MavenMI6Agent009 said:


> Well as an update I lost 15pounds in a month just watching what I eat


congrats, keep it up


----------



## Neptunus (Oct 29, 2007)

That's wonderful! Congratulations! :yay


----------



## eek a mouse (Apr 14, 2010)

grats!!!

add some cardio!!! you can do it at home....
or some weight lifting...more muscle=more fat burning


----------



## CopadoMexicano (Aug 21, 2004)

Update: lost 35 Ibs in two months. watching what I eat. moderate weightlifting I have added to my plan. I just hope I can continue losing more weight without having to go on a roller coaster. I really need some motivation..:O)


----------



## Silent Image (Dec 22, 2010)

You're doing great! Keep at it.


----------



## 2break (Apr 28, 2011)

Inspirational!


----------



## Iced (Feb 7, 2011)

I was going to say add weightlifting, but you already beat me to the punch. You are doing great work, keep it up bro!


----------



## Neutrino (Apr 11, 2011)

Wow 

This is great. Imma try it


----------



## RenegadeReloaded (Mar 12, 2011)

MavenMI6Agent009 said:


> Update: lost 35 Ibs in two months. watching what I eat. moderate weightlifting I have added to my plan. I just hope I can continue losing more weight without having to go on a roller coaster. I really need some motivation..:O)


Great job. Maybe given your example, ppl will start to actually watch what they eat to lose weight. Sports is easy, eating clean isn't. Congrats again


----------



## shynesshellasucks (May 10, 2008)

Good work, keep doing it don't look back. I also lost a lot of just by watching what I eat. I also suggest not to drink sugary drinks or Soda(unless it's diet).


----------



## Cheesecake (Feb 2, 2007)

Good job Maven! I should probably start watching what I eat too. I've been eating too much junk lately.


----------



## AliceSanKitchen (Aug 31, 2010)

oh my

congratulations!

inspired!


----------



## CopadoMexicano (Aug 21, 2004)

currently at 320Ibs


----------



## millenniumman75 (Feb 4, 2005)

^Pretty soon, you should add walking. The weight will start coming off faster!


----------



## TobeyJuarez (May 16, 2012)

great job dude  keep it up


----------



## Anti depressant (Jan 29, 2011)

Wow! You lost 60 pounds? That's amazing... that puts my record of losing 40 pounds from 175 to 135 to shame.


----------



## CopadoMexicano (Aug 21, 2004)

millenniumman75 said:


> ^Pretty soon, you should add walking. The weight will start coming off faster!
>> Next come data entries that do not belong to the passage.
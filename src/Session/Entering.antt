-- ===== src/Session/Entering.antt =====
-- Starting the game adds the client to the table of players under the next runtime id, whichever
-- writes fail (internal/server/mcpe_login_flow.go).
use open_ai_mc_be_server.Prelude.{
  ℕ, ◌+◌, ◌<◌, ◌≡◌, Bool, some, refl, ap, ◌∙◌, arith, inl, inr, ==_iff,
}
use open_ai_mc_be_server.Prelude.Dict.{insert}
use open_ai_mc_be_server.Session.State.{
  await_chunk_radius, available_commands, item_registry, start_game, voxel_shapes,
  jigsaw_structure_data, SessionState, Message, Server, Client, Handler, ◌>>◌, assign,
  other_players,
}
use open_ai_mc_be_server.Session.Players.{write_packet, add_player_to}
use open_ai_mc_be_server.Session.Packets.{set_state, identity_of}
use open_ai_mc_be_server.Session.Handlers.{
  enter_game, start_game_for, take_runtime_id, init_player_state,
}
use open_ai_mc_be_server.Session.Writes.{
  WritesOnly, Outcome-cases, write_packet-WritesOnly, send_initial_player_sync-WritesOnly,
}

-- The table of players and the client's runtime id stay.
record Placed (ref : ℕ) (s s' : Server) : Type 0 where
  same_players : s'.players ≡ s.players
  same_id : (s'.clients ref).runtime_id ≡ (s.clients ref).runtime_id

record Places (ref : ℕ) (m : Handler) : Type 0 where
  placed : (s : Server) → Placed ref s (m s).1

WritesOnly-Places : (ref : ℕ) (m : Handler) → WritesOnly m → Places ref m
WritesOnly-Places ref m w = record {
  placed = λ s. record {
    same_players = (w s).same_players;
    same_id = ap (λ (f : ℕ → Client). (f ref).runtime_id) (w s).same_clients;
  };
}

Places->> : (ref : ℕ) (m k : Handler) → Places ref m → Places ref k → Places ref (m >> k)
Places->> ref m k hm hk = record {
  placed = λ s.
      let first = hm.placed s in
      let second = hk.placed (m s).1 in
      elim (Outcome-cases (m s).0) [
        | inl e ↦ rw e (record {
          same_players = second.same_players ∙ first.same_players;
          same_id = second.same_id ∙ first.same_id;
        })
        | inr e ↦ rw e first
      ];
}

set_state-Places : (ref : ℕ) (state : SessionState) → Places ref (set_state ref state)
unfolding assign
set_state-Places ref state = record {
  placed = λ s. record { same_players = refl; same_id = rw ((==_iff ref ref).1 refl) refl };
}

module _ (delivers : ℕ → Message → Bool) (current : ℕ) where
  write-Places : (ref : ℕ) (m : Message) → Places ref (write_packet delivers ref m)
  write-Places ref m = WritesOnly-Places ref _ (write_packet-WritesOnly delivers ref m)

  entered :
      (ref : ℕ) (s : Server)
      → Placed ref (add_player_to delivers ref s) (enter_game delivers current ref s).1
  unfolding enter_game
  entered ref s =
      (Places->> ref _ _
          (Places->> ref _ _
            (Places->> ref _ _
              (Places->> ref _ _
                (Places->> ref _ _
                  (Places->> ref _ _ (write-Places ref jigsaw_structure_data)
                    (write-Places ref voxel_shapes))
                  (write-Places ref start_game))
                (write-Places ref item_registry))
              (write-Places ref available_commands))
            (WritesOnly-Places ref _
              (send_initial_player_sync-WritesOnly delivers ref (other_players s ref))))
          (set_state-Places ref await_chunk_radius)).placed
        (add_player_to delivers ref s)

  -- Before the client enters the game.
  abbrev named : ℕ → ℕ → Server → Server
  named ref u s =
      let numbered = (take_runtime_id delivers current ref s).1 in
      (init_player_state delivers current ref (some u) numbered).1

  named-id :
      (ref u : ℕ) (s : Server)
      → s.next_id + 1 < 18446744073709551616
      → ((named ref u s).clients ref).runtime_id ≡ s.next_id + 1
  unfolding assign
  named-id ref u s small = rw ((==_iff ref ref).1 refl) (omega arith)

  named-players : (ref u : ℕ) (s : Server) → (named ref u s).players ≡ s.players
  unfolding assign
  named-players ref u s = refl

  start_game-named :
      (ref u : ℕ) (s : Server)
      → identity_of (s.clients ref).login ≡ some u
      → start_game_for delivers current ref s ≡ enter_game delivers current ref (named ref u s)
  unfolding start_game_for assign
  start_game-named ref u s e = rw e refl

  add-players :
      (ref : ℕ) (s : Server)
      → ((add_player_to delivers ref s).players ≡ insert (s.clients ref).runtime_id ref s.players)
        × (((add_player_to delivers ref s).clients ref).runtime_id ≡ (s.clients ref).runtime_id)
  unfolding add_player_to
  add-players ref s = (refl, refl)

  -- The game starts under the next runtime id.
  pub started :
      (ref u : ℕ) (s : Server)
      → identity_of (s.clients ref).login ≡ some u
      → s.next_id + 1 < 18446744073709551616
      → let s' = (start_game_for delivers current ref s).1 in
        (s'.players ≡ insert (s.next_id + 1) ref s.players)
        × ((s'.clients ref).runtime_id ≡ s.next_id + 1)
  started ref u s e small =
      let enter = entered ref (named ref u s) in
      let added = add-players ref (named ref u s) in
      let id = named-id ref u s small in
      rw (start_game-named ref u s e) (
        enter.same_players ∙ added.0 ∙ rw (id, named-players ref u s) refl,
        enter.same_id ∙ added.1 ∙ id,
      )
Yeah I hardly do any exercise..



illmatic1 said:


> great job dude  keep it up


Thankyou 



Anti depressant said:


> Wow! You lost 60 pounds? That's amazing... that puts my record of losing 40 pounds from 175 to 135 to shame.


Nice..At least youre in a healthy range..I need to be at least 200 Ibs to be in shape..imo


----------



## RiversEdge (Aug 21, 2011)

Adding some walking -- will give you better results.
Our bodies are like a bank account -- food goes in -- and stores up but doesn't work off unless you exercise -- like making a withdraw.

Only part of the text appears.